On 8 October 2021, judgment in the matter of Coko v The State was handed down in the Eastern Cape High Court by Acting Judge Tembeka Ngcukaitobi and Judge Nyameko Gqamana.

The appellant, originally convicted of raping the complainant on 1 July 2018 and sentenced to seven years imprisonment by the Regional Court, was acquitted on appeal by the two judges, based on a finding that the State had failed to discharge the onus resting upon it to prove the appellant's guilt beyond a reasonable doubt. 

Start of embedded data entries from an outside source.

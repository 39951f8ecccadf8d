-- ===== src/Proxy.antt =====
-- src/etdc_etdserver.cc: ETDProxy, which looks like a server and asks one over a connection: what each
-- request sends, and how it reads the reply.
pub mod Chunks
pub mod Answers
pub mod Keeps
pub mod OneLine
pub mod Requests
use etransfer.Common.{
  ℕ, zero, suc, ◌+◌, ◌-◌, ◌^◌, Bool, true, false, List, [], ◌∷◌, ◌++◌, Option, none, some, Bytes,
  codes, Result, ok, err, out_of_fuel, read_hung_up, short_write, invalid_reply, refused,
  unconsumed_bytes, missing_field, duplicate_field, bad_number, not_one_line, length, drop, leb,
  ltb, bytes_eq, not, ◌==◌, ◌&&◌, if◌then◌else◌,
}
use etransfer.Common.Int.{ℤ, pos, negsuc}
use etransfer.Text.{is_space, is_digit, equal_ci}
use etransfer.Fd.{EtdcFd}
use etransfer.DevZero.{digits_value}
use etransfer.Wire.{match_reply, get_replies, reply_lines, Listed, list_step}

-- Whether each byte of a text is of a kind.
unfoldable pub all_bytes : (ℕ → Bool) → Bytes → Bool
all_bytes p [] = true
all_bytes p (c ∷ s) = p c && all_bytes p s

-- The text behind a prefix that is compared without regard to case.
unfoldable pub strip_prefix_ci : Bytes → Bytes → Option Bytes
unfolding equal_ci
strip_prefix_ci [] s = some s
strip_prefix_ci (p ∷ ps) [] = none
strip_prefix_ci (p ∷ ps) (c ∷ s) = if equal_ci (p ∷ []) (c ∷ []) then strip_prefix_ci ps s else none

-- "(\S+)$" and "([0-9]+)$"
unfoldable pub is_word : Bytes → Bool
unfolding all_bytes is_space
is_word [] = false
is_word (c ∷ s) = all_bytes (λ d. not (is_space d)) (c ∷ s)

unfoldable pub is_number : Bytes → Bool
unfolding all_bytes is_digit
is_number [] = false
is_number (c ∷ s) = all_bytes is_digit (c ∷ s)

-- string2off_t on a text that is a number, or one with a minus: std::stol, with its range.
unfoldable pub off_of : Bytes → Option ℤ
unfolding digits_value
off_of [] = some (pos 0)
off_of (c ∷ s) =
    let below = digits_value 0 s in
    let above = digits_value 0 (c ∷ s) in
    if c == b'-'
    then if leb below (2 ^ 63) then some (elim below [ zero ↦ pos 0 | suc n ↦ negsuc n ]) else none
    else if ltb above (2 ^ 63)
    then some (pos above)
    else none

-- `status_s`, `info`, and the two results of requestFileWrite and requestFileRead.
pub record Answer : Type 0 where
  pub status : Bytes
  pub info : Bytes
  pub position : Option ℤ
  pub uuid : Option Bytes

abbrev pub no_answer : Answer
no_answer = record { status = []; info = []; position = none; uuid = none }

-- rxUUID, rxAlreadyHave and rxRemain: what stands behind the name.
unfoldable pub match_uuid : Bytes → Option Bytes
unfolding strip_prefix_ci is_word
match_uuid line = elim (strip_prefix_ci (codes "UUID:") line) [
  | none ↦ none
  | some word ↦ if is_word word then some word else none
]

unfoldable pub match_have : Bytes → Option Bytes
unfolding strip_prefix_ci is_number
match_have line = elim (strip_prefix_ci (codes "AlreadyHave:") line) [
  | none ↦ none
  | some n ↦ if is_number n then some n else none
]

unfoldable pub is_signed : Bytes → Bool
unfolding is_number
is_signed [] = false
is_signed (c ∷ s) = if c == b'-' then is_number s else is_number (c ∷ s)

unfoldable pub match_remain : Bytes → Option Bytes
unfolding strip_prefix_ci is_signed
match_remain line = elim (strip_prefix_ci (codes "Remain:") line) [
  | none ↦ none
  | some n ↦ if is_signed n then some n else none
]

-- The last two branches of the loop: a reply ends it, anything else is refused.
unfoldable pub status_step : Answer → Bytes → Result (Bool × Answer)
unfolding match_reply
status_step a line = elim (match_reply line) [
  | none ↦ err invalid_reply
  | some (status, info) ↦ ok (true, record a { status = status; info = info })
]

unfoldable pub add_position : Answer → Bytes → Result (Bool × Answer)
unfolding off_of
add_position a n = elim a.position [
  | some _ ↦ err duplicate_field
  | none ↦ elim (off_of n) [
    | none ↦ err bad_number
    | some p ↦ ok (false, record a { position = some p })
  ]
]

unfoldable pub add_uuid : Answer → Bytes → Result (Bool × Answer)
add_uuid a word = elim a.uuid [
  | some _ ↦ err duplicate_field
  | none ↦ ok (false, record a { uuid = some word })
]

-- The body of the loop over lines of ETDProxy::requestFileWrite, and of requestFileRead; they differ
-- in the name of the number.
unfoldable pub answer_step : (Bytes → Option Bytes) → Answer → Bytes → Result (Bool × Answer)
unfolding match_uuid add_uuid add_position status_step
answer_step match_position a line = elim (match_uuid line) [
  | some word ↦ add_uuid a word
  | none ↦ elim (match_position line) [ some n ↦ add_position a n | none ↦ status_step a line ]
]

-- What stands behind the read loop of the two.
unfoldable pub answer_result : Answer → Result (Bytes × ℤ)
answer_result a =
    if bytes_eq a.status (codes "OK")
    then elim a.position [
      | none ↦ err missing_field
      | some p ↦ elim a.uuid [ none ↦ err missing_field | some u ↦ ok (u, p) ]
    ]
    else err refused

-- What a reply of one line means to those requests that give nothing back.
unfoldable pub one_line_result : Bytes → Result (Unit {0})
unfolding match_reply
one_line_result line = elim (match_reply line) [
  | none ↦ err invalid_reply
  | some (status, info) ↦ if bytes_eq status (codes "OK") then ok tt else err refused
]

module _ {W : Type 0} where
  -- Sends one command: the asserted write.
  unfoldable pub send_command : EtdcFd W → Bytes → W → W × Result (Unit {0})
  send_command conn msg w =
      let (w', r) = conn.write msg w in
      elim r [
        | none ↦ (w', err short_write)
        | some k ↦ if k == length msg then (w', ok tt) else (w', err short_write)
      ]

  module _ {S : Type 0} (step : S → Bytes → Result (Bool × S)) (buf_sz : ℕ) (conn : EtdcFd W) where
    -- What the loop does with the bytes `came`, once it has read more: the lines in them, and the rest,
    -- which is moved to the front of the buffer. `again` is the loop.
    unfoldable pub take_lines :
        (S → Bytes → W → W × Result (S × Bytes)) → S → Bytes → W → W × Result (S × Bytes)
    take_lines again s came w =
        let (lines, end) = get_replies came in
        elim (reply_lines step s lines) [
          | err e ↦ (w, err e)
          | ok (true, s') ↦ (w, ok (s', drop end came))
          | ok (false, s') ↦ again s' (drop end came) w
        ]

    -- `while( !finished && curPos<bufSz )`. `buf` is what is left of the buffer, up to curPos; it comes
    -- back with the state that the lines were folded into.
    unfoldable pub reply_loop : ℕ → S → Bytes → W → W × Result (S × Bytes)
    unfolding take_lines
    reply_loop zero s buf w = (w, err out_of_fuel)
    reply_loop (suc fuel) s buf w = elim (ltb (length buf) buf_sz) [
      | false ↦ (w, ok (s, buf))
      | true ↦
          let (w', r) = conn.read (buf_sz - length buf) w in
          elim r [
            | none ↦ (w', err read_hung_up)
            | some bs ↦ elim bs [
              | [] ↦ (w', err read_hung_up)
              | b ∷ more ↦ take_lines (reply_loop fuel) s (buf ++ b ∷ more) w'
            ]
          ]
    ]

    -- The loop, and the assertion behind it that all bytes are used up.
    unfoldable pub read_reply : ℕ → S → W → W × Result S
    unfolding reply_loop
    read_reply fuel s w =
        let (w', r) = reply_loop fuel s [] w in
        elim r [
          | err e ↦ (w', err e)
          | ok (s', buf) ↦ elim buf [ [] ↦ (w', ok s') | _ ∷ _ ↦ (w', err unconsumed_bytes) ]
        ]

  -- The loop of the requests whose reply is one line. It never moves the buffer; a full buffer with no
  -- line in it ends the loop too.
  unfoldable pub one_line_loop : ℕ → ℕ → EtdcFd W → Bytes → W → W × Result (Unit {0})
  unfolding get_replies one_line_result
  one_line_loop zero buf_sz conn buf w = (w, err out_of_fuel)
  one_line_loop (suc fuel) buf_sz conn buf w = elim (ltb (length buf) buf_sz) [
    | false ↦ (w, ok tt)
    | true ↦
        let (w', r) = conn.read (buf_sz - length buf) w in
        elim r [
          | none ↦ (w', err read_hung_up)
          | some bs ↦ elim bs [
            | [] ↦ (w', err read_hung_up)
            | b ∷ more ↦ elim (get_replies (buf ++ b ∷ more)).0 [
              | [] ↦ one_line_loop fuel buf_sz conn (buf ++ b ∷ more) w'
              | line ∷ lines ↦ elim lines [
                | _ ∷ _ ↦ (w', err not_one_line)
                | [] ↦ (w', one_line_result line)
              ]
            ]
          ]
        ]
  ]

The burden of proof in criminal cases is not easy to discharge, because it is based on the notion that it is better for some of the guilty to go free, than for one innocent person to face criminal conviction and sanction. It is the standard used in all democratic countries that value human rights and is uncontroversial in this country. It is a value fiercely defended by human rights lawyers and cannot be diluted simply because the nature of the alleged crime is particularly repugnant, or prevalent. 

Very briefly summarised from the judgment, the facts are that the complainant and the appellant, both students aged 23 at the time, had been dating for a short while when they agreed to spend the night at the residence of the appellant. The complainant made it clear that she did not want to have penetrative sex with the appellant.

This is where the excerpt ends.